- theatrical release poster
- Bengali: জলে জ্বলে তারা
- Directed by: Arun Chowdhuri
- Screenplay by: Iffat Arefin Mahmood; Anonno Proteek Chowdhuri;
- Story by: Iffat Arefin Mahmood
- Starring: Rafiath Rashid Mithila; FS Nayeem; Fazlur Rahman Babu;
- Cinematography: Raihan Khan
- Edited by: Raihan Khan
- Music by: E K Majumder Esty
- Production company: Anonno Srishti Productions
- Distributed by: The Abhi Kathachitra
- Release date: 14 February 2025;
- Running time: 125 Minutes
- Country: Bangladesh
- Language: Bengali

= Jole Jwole Tara =

2024 Bangladeshi Bengali drama film by Arun Chowdhuri

Jole Jwole Tara is a 2025 Bengali-language Bangladeshi romantic drama film. Directed by Arun Chowdhury under the banner of Anonno Srishti Production with government funding, the film is inspired by Syed Waliullah's short story Keraya. Iffat Arefin Mahmud solely wrote the story, co-wrote the screenplay with Arun Chowdhury, and collaborated with Anonno Protikk Chowdhury on the dialogues. The lead roles are played by Rafiath Rashid Mithila, FS Nayeem, and Fazlur Rahman Babu.

With this film, Naeem returns to the big screen after more than 12 years and plays a lead role for the first time. It is also the third film directed by Arun Chowdhury. The soundtrack features songs by Kumar Bishwajit and Imran Mahmudul, while Raihan Khan handled cinematography.
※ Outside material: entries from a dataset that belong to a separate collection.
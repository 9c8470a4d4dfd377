-- ===== src/Audit/Tamper.antt =====
-- Two histories of one incident under one head hash.
use native.Mathlib.Decide.{ℕ_discrete}
use text.Mathlib.Text.{◌==◌ as str_eq}
use mathlib.Core.Bool.{false≢true}
use proof_ops.Common.{
  ℕ, suc, String, ◌≡◌, ◌≢◌, refl, sym, ap, ◌∙◌, ◌⊎◌, inl, inr, true, List, [], ◌∷◌, arith, length,
  eq_iff, Bool-cases,
}
use proof_ops.Audit.Event.{AuditBody, AuditEvent, Codec}
use proof_ops.Audit.Chain.{AuditChain, genesis, last_hash, link}
use proof_ops.Audit.Verify.{verify}
use proof_ops.Audit.Integrity.{IsChain, verify_exact}

String-discrete : Discrete String
String-discrete s t = elim (Bool-cases (str_eq s t)) [
  | inl e ↦ yes ((eq_iff s t).0 e)
  | inr n ↦ no (λ e. false≢true (sym n ∙ (eq_iff s t).1 e))
]

AuditBody-discrete : Discrete AuditBody
AuditBody-discrete = hlevel (ℕ_discrete, String-discrete)

module _ (codec : Codec) where
  -- Two different bodies under one link: a collision of SHA256, or one text for two bodies.
  abbrev pub LinkClash : Type 0
  LinkClash =
      (b : AuditBody) × (c : AuditBody) × (b ≢ c)
      × (link codec b.prev_hash b ≡ link codec c.prev_hash c)

  same_event : (x y : AuditEvent) → x.body ≡ y.body → x.curr_hash ≡ y.curr_hash → x ≡ y
  same_event x y p q = cc

  heads :
      (owner : String) (n : ℕ) (p q : String) (xs ys : List AuditEvent)
      → IsChain codec owner n p xs
      → IsChain codec owner n q ys
      → length xs ≡ length ys
      → last_hash p xs ≡ last_hash q ys
      → ((p ≡ q) × (xs ≡ ys)) ⊎ LinkClash
  heads owner n p q [] [] hx hy l e = inl (e, refl)
  heads owner n p q [] (y ∷ ys) hx hy l e = absurd (omega arith)
  heads owner n p q (x ∷ xs) [] hx hy l e = absurd (omega arith)
  heads owner n p q (x ∷ xs) (y ∷ ys) (lx, hx) (ly, hy) l e =
      elim (heads owner (suc n) x.curr_hash y.curr_hash xs ys hx hy (omega arith) e) [
        | inr clash ↦ inr clash
        | inl (same, tails) ↦ elim (AuditBody-discrete x.body y.body) [
          | yes b ↦ inl (
            sym lx.joined ∙ (ap (λ (z : AuditBody). z.prev_hash) b ∙ ly.joined),
            cc (same_event x y b same),
          )
          | no ne ↦ inr (x.body, y.body, ne, sym lx.sealed ∙ (same ∙ ly.sealed))
        ]
      ]

  -- Tampering shows: two chains of one incident that both verify, have the same number of events
  -- and end in the same hash hold the same events, or else two different bodies with one link
  -- hash are at hand.
  pub tampering_shows :
      (a b : AuditChain)
      → (verify codec a).valid ≡ true
      → (verify codec b).valid ≡ true
      → a.incident_id ≡ b.incident_id
      → length a.events ≡ length b.events
      → last_hash genesis a.events ≡ last_hash genesis b.events
      → (a ≡ b) ⊎ LinkClash
  tampering_shows a b va vb o l e =
      elim (heads a.incident_id 1 genesis genesis a.events b.events ((verify_exact codec a).0 va)
        (rw (← o) at ((verify_exact codec b).0 vb)) l e) [
          | inl (_, same) ↦ inl (cc (same))
          | inr clash ↦ inr clash
        ]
The film's first look was revealed on February 1, 2025, and it was released in theaters on February 14, 2025.

==Plot==
The story of this film is based on social and familial realities. The central character, Tara, grows up facing adversity from childhood. Working in a circus troupe, she loses her entire family in a tragic accident and is forced to live alone by the riverside.

A new ray of hope enters Tara's life in the form of Hossain Majhi, a boatman who makes his living on the river, ferrying locals across. Gradually, a deep bond develops between them. However, their path to love is not easy—societal barriers, financial hardship, and personal struggles continuously make their journey difficult.

The film portrays love, struggle, and social realities, telling a story of finding hope even amid life's harshest truths.

==Cast==
- Rafiath Rashid Mithila as Tara
- FS Nayeem as Hossain Majhi
- Fazlur Rahman Babu as Tara's father
- Monira Mithu as Tara's mother
- Azad Abul Kalam
- MD Faruk Sobhan
- Mostafizur Noor Imran
- Sadika Maliha Shokh
- MD Iqbal Khandaker
- Shahed Ali

==Production==
The film received government funding for the fiscal year 2020–21. In October 2021, during the COVID-19 pandemic, filming took place in various locations across Manikganj. Several scenes were also shot along the banks of the Kaliganga River. The entire filming was completed in just three weeks.

==Music==
The film features two songs. The first song, "Tokei Bhalobashi," was released on February 4, 2025. Written by Prosenjit Mondal and Arun Chowdhury, the song was sung by Imran Mahmudul and Dilshad Nahar Kona, with composition and music arrangement by Imran. The other song was performed by Kumar Bishwajit.

==Release==
After multiple delays, the film was finally released on February 14, 2025, on Valentine's Day, across 11 theaters in Bangladesh, clashing with the film Moyna, under the distribution of Abhi Kothachitro.

The film received clearance from the Bangladesh Film Censor Board in August 2023. On February 10, 2025, the official trailer was released on Tiger Media's YouTube channel.